* **Exercise instructions**: Using the data beneath this instruction, retype only the lines from the one that contains "get_metadata token = do" down to the one that contains "-- The password, if", both included, exactly as they appear.

===== Source data =====

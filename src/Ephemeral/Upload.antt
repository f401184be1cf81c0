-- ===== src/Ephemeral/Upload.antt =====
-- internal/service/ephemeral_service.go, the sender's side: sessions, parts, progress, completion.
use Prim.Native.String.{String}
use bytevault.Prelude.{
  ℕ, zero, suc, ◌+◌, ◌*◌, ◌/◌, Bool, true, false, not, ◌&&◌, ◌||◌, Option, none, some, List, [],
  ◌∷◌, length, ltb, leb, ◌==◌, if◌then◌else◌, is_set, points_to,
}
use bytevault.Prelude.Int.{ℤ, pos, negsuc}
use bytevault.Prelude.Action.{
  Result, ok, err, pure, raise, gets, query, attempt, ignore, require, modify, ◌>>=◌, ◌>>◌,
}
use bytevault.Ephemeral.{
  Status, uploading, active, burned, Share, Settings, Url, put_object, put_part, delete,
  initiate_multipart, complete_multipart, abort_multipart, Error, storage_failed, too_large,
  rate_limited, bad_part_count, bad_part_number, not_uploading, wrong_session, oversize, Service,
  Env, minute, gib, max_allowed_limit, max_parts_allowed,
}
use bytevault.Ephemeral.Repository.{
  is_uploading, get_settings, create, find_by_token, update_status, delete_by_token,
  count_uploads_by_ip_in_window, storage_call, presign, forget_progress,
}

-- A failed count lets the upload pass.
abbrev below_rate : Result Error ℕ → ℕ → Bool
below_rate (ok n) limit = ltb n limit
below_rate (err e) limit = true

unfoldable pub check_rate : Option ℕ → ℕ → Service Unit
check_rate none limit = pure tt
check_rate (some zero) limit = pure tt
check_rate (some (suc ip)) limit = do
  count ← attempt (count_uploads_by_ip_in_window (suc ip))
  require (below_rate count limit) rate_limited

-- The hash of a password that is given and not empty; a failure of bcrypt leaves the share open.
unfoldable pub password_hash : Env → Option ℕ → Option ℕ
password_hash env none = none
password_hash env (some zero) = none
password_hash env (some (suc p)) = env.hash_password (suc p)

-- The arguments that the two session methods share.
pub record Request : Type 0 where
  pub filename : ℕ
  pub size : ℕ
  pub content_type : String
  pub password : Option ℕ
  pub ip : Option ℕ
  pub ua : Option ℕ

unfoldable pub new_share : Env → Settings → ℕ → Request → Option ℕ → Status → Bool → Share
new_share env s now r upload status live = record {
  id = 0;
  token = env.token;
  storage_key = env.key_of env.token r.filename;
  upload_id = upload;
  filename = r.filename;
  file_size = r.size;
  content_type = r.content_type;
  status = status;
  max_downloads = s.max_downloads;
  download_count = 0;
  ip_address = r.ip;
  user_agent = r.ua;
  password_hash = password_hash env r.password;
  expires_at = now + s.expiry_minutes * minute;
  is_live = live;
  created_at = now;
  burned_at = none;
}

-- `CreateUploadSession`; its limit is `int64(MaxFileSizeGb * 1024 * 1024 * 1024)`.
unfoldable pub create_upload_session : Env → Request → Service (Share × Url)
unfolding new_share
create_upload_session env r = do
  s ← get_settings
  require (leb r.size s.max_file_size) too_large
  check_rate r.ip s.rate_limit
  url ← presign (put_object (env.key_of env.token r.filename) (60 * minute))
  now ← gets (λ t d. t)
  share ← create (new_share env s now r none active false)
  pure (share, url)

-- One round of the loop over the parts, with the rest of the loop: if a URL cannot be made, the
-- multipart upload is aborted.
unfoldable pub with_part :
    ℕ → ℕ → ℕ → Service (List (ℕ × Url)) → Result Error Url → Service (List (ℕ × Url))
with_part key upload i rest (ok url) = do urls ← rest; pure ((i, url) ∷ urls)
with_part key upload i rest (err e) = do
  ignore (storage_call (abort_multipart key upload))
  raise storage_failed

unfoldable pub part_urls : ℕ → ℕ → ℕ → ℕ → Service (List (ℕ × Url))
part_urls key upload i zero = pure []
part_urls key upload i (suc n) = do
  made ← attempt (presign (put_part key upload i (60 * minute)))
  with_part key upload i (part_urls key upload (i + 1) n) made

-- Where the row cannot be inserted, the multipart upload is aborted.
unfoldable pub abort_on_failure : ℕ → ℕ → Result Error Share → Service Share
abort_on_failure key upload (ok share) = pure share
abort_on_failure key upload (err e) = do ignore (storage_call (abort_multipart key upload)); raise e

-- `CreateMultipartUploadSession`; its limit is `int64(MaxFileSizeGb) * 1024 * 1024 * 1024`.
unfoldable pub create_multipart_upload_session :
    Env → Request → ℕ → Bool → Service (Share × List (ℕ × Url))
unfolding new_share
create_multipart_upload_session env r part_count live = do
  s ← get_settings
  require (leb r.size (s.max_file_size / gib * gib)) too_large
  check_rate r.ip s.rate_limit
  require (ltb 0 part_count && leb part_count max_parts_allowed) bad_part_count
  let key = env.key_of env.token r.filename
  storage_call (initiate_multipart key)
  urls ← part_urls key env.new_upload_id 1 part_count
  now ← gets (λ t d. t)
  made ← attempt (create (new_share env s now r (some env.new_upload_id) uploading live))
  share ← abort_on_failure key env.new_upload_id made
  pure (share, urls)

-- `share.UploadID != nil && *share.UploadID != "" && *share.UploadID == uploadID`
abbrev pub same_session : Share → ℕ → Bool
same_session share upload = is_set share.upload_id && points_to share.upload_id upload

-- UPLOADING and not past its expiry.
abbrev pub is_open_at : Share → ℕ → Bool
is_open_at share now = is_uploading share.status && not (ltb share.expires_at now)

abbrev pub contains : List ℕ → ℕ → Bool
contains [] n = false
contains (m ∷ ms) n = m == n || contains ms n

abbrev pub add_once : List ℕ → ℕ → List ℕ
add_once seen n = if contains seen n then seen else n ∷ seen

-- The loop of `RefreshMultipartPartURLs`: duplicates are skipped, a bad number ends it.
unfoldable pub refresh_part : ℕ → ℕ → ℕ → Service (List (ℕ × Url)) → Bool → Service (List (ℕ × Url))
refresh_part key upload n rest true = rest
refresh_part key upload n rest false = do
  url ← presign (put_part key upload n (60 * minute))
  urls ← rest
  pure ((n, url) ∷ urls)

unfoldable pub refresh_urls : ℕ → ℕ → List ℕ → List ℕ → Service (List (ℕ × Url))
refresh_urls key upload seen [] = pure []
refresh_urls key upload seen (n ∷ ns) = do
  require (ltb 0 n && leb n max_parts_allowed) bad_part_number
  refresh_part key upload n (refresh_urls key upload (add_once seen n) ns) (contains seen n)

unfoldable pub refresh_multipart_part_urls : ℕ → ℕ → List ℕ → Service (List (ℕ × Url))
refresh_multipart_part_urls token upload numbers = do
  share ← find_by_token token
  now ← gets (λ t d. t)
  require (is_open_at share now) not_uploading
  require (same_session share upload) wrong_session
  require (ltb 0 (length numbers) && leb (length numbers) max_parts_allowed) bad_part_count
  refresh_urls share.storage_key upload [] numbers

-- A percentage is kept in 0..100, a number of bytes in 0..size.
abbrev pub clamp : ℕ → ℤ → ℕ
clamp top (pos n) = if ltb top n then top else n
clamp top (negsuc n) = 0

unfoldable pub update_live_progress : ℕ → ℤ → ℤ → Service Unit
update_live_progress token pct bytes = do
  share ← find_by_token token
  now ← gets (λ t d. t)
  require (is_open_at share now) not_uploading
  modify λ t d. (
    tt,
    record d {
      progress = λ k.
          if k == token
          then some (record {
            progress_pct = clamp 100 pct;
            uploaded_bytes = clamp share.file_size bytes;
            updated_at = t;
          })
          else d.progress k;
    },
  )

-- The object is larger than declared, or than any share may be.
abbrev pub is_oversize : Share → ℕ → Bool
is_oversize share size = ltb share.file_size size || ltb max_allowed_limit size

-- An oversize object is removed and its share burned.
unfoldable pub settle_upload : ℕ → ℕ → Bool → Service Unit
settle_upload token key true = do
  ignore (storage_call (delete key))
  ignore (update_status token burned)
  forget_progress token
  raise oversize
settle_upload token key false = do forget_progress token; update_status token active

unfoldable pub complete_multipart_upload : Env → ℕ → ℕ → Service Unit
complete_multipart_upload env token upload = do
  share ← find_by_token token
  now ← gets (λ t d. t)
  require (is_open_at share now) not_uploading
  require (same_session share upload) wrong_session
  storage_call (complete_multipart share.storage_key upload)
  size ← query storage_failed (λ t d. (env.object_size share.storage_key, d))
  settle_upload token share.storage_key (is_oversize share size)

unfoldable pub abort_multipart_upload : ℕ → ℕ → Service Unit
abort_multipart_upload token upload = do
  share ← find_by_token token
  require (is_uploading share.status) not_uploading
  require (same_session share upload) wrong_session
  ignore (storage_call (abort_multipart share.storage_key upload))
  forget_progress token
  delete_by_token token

=====
===== Source data =====

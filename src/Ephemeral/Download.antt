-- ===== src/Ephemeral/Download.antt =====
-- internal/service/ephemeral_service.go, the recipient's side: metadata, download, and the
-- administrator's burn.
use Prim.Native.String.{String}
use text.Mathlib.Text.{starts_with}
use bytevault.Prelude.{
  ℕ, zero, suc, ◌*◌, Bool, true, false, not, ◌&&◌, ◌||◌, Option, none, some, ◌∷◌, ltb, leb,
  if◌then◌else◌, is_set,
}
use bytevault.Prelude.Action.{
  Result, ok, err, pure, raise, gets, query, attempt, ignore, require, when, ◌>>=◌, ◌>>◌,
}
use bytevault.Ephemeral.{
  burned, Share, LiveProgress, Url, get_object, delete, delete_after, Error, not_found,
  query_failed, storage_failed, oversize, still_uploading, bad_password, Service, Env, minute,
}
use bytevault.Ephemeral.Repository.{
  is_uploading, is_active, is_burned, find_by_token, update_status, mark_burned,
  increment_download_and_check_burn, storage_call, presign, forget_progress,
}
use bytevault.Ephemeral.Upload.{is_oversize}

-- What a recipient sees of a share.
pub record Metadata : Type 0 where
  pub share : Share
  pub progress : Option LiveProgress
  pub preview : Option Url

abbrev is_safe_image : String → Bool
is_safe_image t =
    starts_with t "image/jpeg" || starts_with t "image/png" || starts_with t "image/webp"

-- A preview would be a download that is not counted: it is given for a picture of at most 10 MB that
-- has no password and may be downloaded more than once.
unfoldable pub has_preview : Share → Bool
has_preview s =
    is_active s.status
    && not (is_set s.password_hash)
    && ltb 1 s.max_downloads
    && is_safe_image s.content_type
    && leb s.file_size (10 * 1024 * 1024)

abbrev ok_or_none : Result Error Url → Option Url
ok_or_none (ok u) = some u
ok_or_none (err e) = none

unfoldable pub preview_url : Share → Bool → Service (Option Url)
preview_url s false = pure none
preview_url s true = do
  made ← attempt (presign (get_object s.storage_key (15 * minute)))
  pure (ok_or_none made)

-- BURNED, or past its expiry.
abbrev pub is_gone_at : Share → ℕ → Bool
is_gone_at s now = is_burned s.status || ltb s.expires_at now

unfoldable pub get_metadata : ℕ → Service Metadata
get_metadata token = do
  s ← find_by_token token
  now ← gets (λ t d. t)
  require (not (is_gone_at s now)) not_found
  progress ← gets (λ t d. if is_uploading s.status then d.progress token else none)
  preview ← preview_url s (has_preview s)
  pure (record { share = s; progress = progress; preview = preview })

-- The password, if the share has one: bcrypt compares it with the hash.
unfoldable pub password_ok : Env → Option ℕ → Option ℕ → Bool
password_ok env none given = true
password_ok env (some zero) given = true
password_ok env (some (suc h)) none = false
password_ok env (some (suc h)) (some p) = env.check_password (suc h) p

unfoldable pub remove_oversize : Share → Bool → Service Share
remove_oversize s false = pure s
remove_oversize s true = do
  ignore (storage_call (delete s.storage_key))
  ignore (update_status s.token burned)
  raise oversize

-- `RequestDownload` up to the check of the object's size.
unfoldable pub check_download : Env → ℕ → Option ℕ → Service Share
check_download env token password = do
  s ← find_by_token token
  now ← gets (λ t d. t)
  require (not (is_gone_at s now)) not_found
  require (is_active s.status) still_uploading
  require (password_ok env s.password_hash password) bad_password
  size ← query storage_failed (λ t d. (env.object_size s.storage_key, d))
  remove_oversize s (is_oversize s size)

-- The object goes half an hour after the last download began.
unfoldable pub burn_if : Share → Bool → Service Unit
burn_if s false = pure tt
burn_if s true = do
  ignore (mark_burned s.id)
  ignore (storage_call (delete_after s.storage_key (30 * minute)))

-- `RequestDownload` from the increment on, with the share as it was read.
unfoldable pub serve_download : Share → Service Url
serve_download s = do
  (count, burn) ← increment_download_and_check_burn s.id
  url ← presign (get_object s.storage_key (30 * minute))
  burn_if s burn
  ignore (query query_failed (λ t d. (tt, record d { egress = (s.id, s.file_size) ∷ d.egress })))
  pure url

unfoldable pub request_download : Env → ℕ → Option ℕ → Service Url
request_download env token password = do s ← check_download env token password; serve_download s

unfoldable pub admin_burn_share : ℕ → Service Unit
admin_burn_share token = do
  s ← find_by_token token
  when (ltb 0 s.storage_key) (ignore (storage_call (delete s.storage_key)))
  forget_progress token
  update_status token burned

=====

* **Finished task**:
get_metadata token = do
  s ← find_by_token token
  now ← gets (λ t d. t)
  require (not (is_gone_at s now)) not_found
  progress ← gets (λ t d. if is_uploading s.status then d.progress token else none)
  preview ← preview_url s (has_preview s)
  pure (record { share = s; progress = progress; preview = preview })

-- The password, if the share has one: bcrypt compares it with the hash.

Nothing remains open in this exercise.